The nation’s smallest counties scored at the bottom of the heap in 18 of 34 measurements used to rank the health of U.S. counties. The suburbs of major cities had the best rankings, according to the annual study.
The nation’s most rural areas rank dead last in a majority of the measurements used to evaluate the health status of U.S. counties, researchers say.
The findings are part of a study sponsored by the Robert Wood Johnson Foundation that ranks counties by a broad set of health and well-being indicators.
“Noncore” counties, which are located outside metro areas and have no towns of 10,000 residents or more, were last in 18 of 34 measurements used in the study. That’s the worst record of any group of counties when they are sorted by urban-rural status.
The geographic area with the next highest number of last-place rankings was major urban counties (big cities of a million residents and up), with 10. But those counties offset their low marks by ranking first in 14 other categories.
In contrast, noncore counties ranked best in only two categories. They had less violent crime and fewer housing problems.
The counties with the overall best health rankings were located in “suburban metro” areas, which the study defined as counties located outside large cities.
The rankings’ methodology takes into account the availability of medical resources such as physicians and dentists. It also weighs economic, social and environmental factors such as poverty rates, access to exercise facilities, education levels and unemployment.
“The one [health criterion] people don’t think of is poverty,” said study director Bridget B. Catlin with the University of Wisconsin Population Health Institute. “They think of poor inner city communities, and there’s not enough recognition of the role of poverty in affecting the health of people in rural areas.”
Wayne Myers, M.D., a rural health advocate and former director of the federal Office of Rural Health Policy, agreed.

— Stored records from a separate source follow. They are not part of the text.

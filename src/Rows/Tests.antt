-- ===== src/Rows/Tests.antt =====
-- Rows, and the theorem at them.
use web_ui.Base.{
  ◌≡◌, refl, Bool, true, false, not, none, some, List, [], ◌∷◌, all, filter, null, ◌⊎◌,
  if◌then◌else◌,
}
use web_ui.Base.Text.{Text, codes, same_text, starts_with}
use web_ui.Lodash.{plain_lodash}
use web_ui.Rows.{
  has, ListFilter, name_filter, pod_status, other_filter, Reads, by_status, by_kind_only,
  by_selector, passes, filter_step, get_filtered_rows,
}
use web_ui.Rows.Boxes.{CheckBoxes, mount_boxes, toggle_box, apply_filter, has-toggle_box}
use web_ui.Rows.Laws.{lets_pass, get_filtered_rows_lem}

rows : Unit {0}
unfolding by_status by_kind_only by_selector passes filter_step get_filtered_rows
rows = tt

-- Objects with a name and a phase.
abbrev reads : Reads (Text × Text)
reads = record {
  name = λ o. o.0;
  alert_rule_name_of = λ o. o.0;
  alert_rule_state_of = λ o. o.1;
  role_type = λ o. [];
  binding_type = λ o. [];
  role_ref_name = λ o. [];
  subject_kind = λ o. [];
  subject_name = λ o. [];
  field_value = λ f o. none;
  pod_phase = λ o. o.1;
  is_node_ready = λ o. true;
  kind = λ o. codes "Pod";
  status_phase = λ o. o.1;
  strategy_type = λ o. [];
  route_status_of = λ o. [];
  service_catalog_status = λ o. [];
  secret_type_of = λ o. [];
  service_class_display_name = λ o. o.0;
}

abbrev is_prefix : Text → Text → Bool
is_prefix part text = starts_with text part

abbrev pods : List (Text × Text)
pods =
    (codes "web-1", codes "Running")
    ∷ (codes "web-2", codes "Pending")
    ∷ (codes "db", codes "Running")
    ∷ []

abbrev filters : List ListFilter
filters =
    name_filter (codes "web")
    ∷ pod_status (
        some record {
          selected = some (codes "Running" ∷ []);
          offered = codes "Running" ∷ codes "Pending" ∷ [];
        })
    ∷ other_filter (codes "loadTest")
    ∷ []

left :
    get_filtered_rows reads is_prefix plain_lodash filters pods
    ≡ (codes "web-1", codes "Running") ∷ []
unfolding rows same_text starts_with
left = refl

get_filtered_rows_lem_example :
    get_filtered_rows reads is_prefix plain_lodash filters pods
    ≡ filter (λ o. all (λ f. lets_pass reads is_prefix f o) filters) pods
get_filtered_rows_lem_example = get_filtered_rows_lem reads is_prefix plain_lodash filters pods

abbrev phases : List Text
phases = codes "Running" ∷ codes "Pending" ∷ codes "Failed" ∷ []

boxes_state : Unit {0}
unfolding web_ui.Base.Text.split web_ui.Base.Text.join mount_boxes toggle_box apply_filter same_text
boxes_state = tt

-- Boxes of an address that names a phase that is not offered.
abbrev boxes : CheckBoxes
boxes = record {
  selected = codes "Running" ∷ codes "Lost" ∷ [];
  query = some (codes "Running,Lost");
}

boxes_mounted : mount_boxes (some (codes "Running,Lost")) (codes "Failed" ∷ []) ≡ boxes
unfolding boxes_state
boxes_mounted = refl

boxes_filter : apply_filter phases boxes ≡ some (codes "Running" ∷ [])
unfolding boxes_state
boxes_filter = refl

boxes_toggled : toggle_box phases (codes "Failed") boxes ≡ record {
  selected = codes "Running" ∷ codes "Lost" ∷ codes "Failed" ∷ [];
  query = some (codes "Running,Failed");
}
unfolding boxes_state
boxes_toggled = refl

-- The last box stays selected.
abbrev last_box : CheckBoxes
last_box = record { selected = codes "Running" ∷ []; query = none }

last_box_toggled : toggle_box phases (codes "Running") last_box ≡ last_box
unfolding boxes_state
last_box_toggled = refl

has-toggle_box_example :
    ((((w : Text)
          → (if same_text w (codes "Failed")
              then not (has boxes.selected (codes "Failed"))
              else has boxes.selected w)
            ≡ false)
        × toggle_box phases (codes "Failed") boxes ≡ boxes)
      ⊎ ((w : Text)
          → has ((toggle_box phases (codes "Failed") boxes).selected) w ≡ (
              if same_text w (codes "Failed")
              then not (has boxes.selected (codes "Failed"))
              else has boxes.selected w)))
    × null ((toggle_box phases (codes "Failed") boxes).selected) ≡ false
has-toggle_box_example = has-toggle_box phases (codes "Failed") boxes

“I don’t think we understand too much about how the day-to-day stress of living takes a toll on the bodies of poor people,” he said. “The stress runs up blood pressure, it makes blood sugars higher. It does take a toll on health.”
The annual study ranks counties within states, not on a national basis. At the request of the Daily Yonder, Wisconsin’s Population Health Institute ran an analysis of how rural counties stack up across the country.
Noncore counties ranked last in all seven of the clinical measurements, such as percentage of population without health insurance and the number of physicians, dentists and mental health professionals available to the county’s population on a per capita basis.
But proximity to medical facilities isn't a good measurement of community health, Dr. Myers said.
“Some of the [least healthy] neighborhoods in the U.S. are in the shadow of Barnes Hospital in St. Louis or Boston City Hospital,” he said. Over the course of his career, Myers said he “reached the conclusion that doctors don’t make much difference to health.”
Other factors do.
Some of the other health indicators considered in the rankings are things like smoking rates, access to good food and exercise facilities, percent of adults with some college education and the percentage of children living in poverty. (Rural counties ranked last in each of those measures, by the way.)
Tim Size, executive director of the Rural Wisconsin Health Cooperative, in Sauk, said the study’s emphasis on factors beyond the control of health-care providers doesn’t let the medical community off the hook.
“It just means we have a large hook with plenty of room for company,” Size wrote in a commentary about the rankings. “No single person or organization can tackle this problem alone.”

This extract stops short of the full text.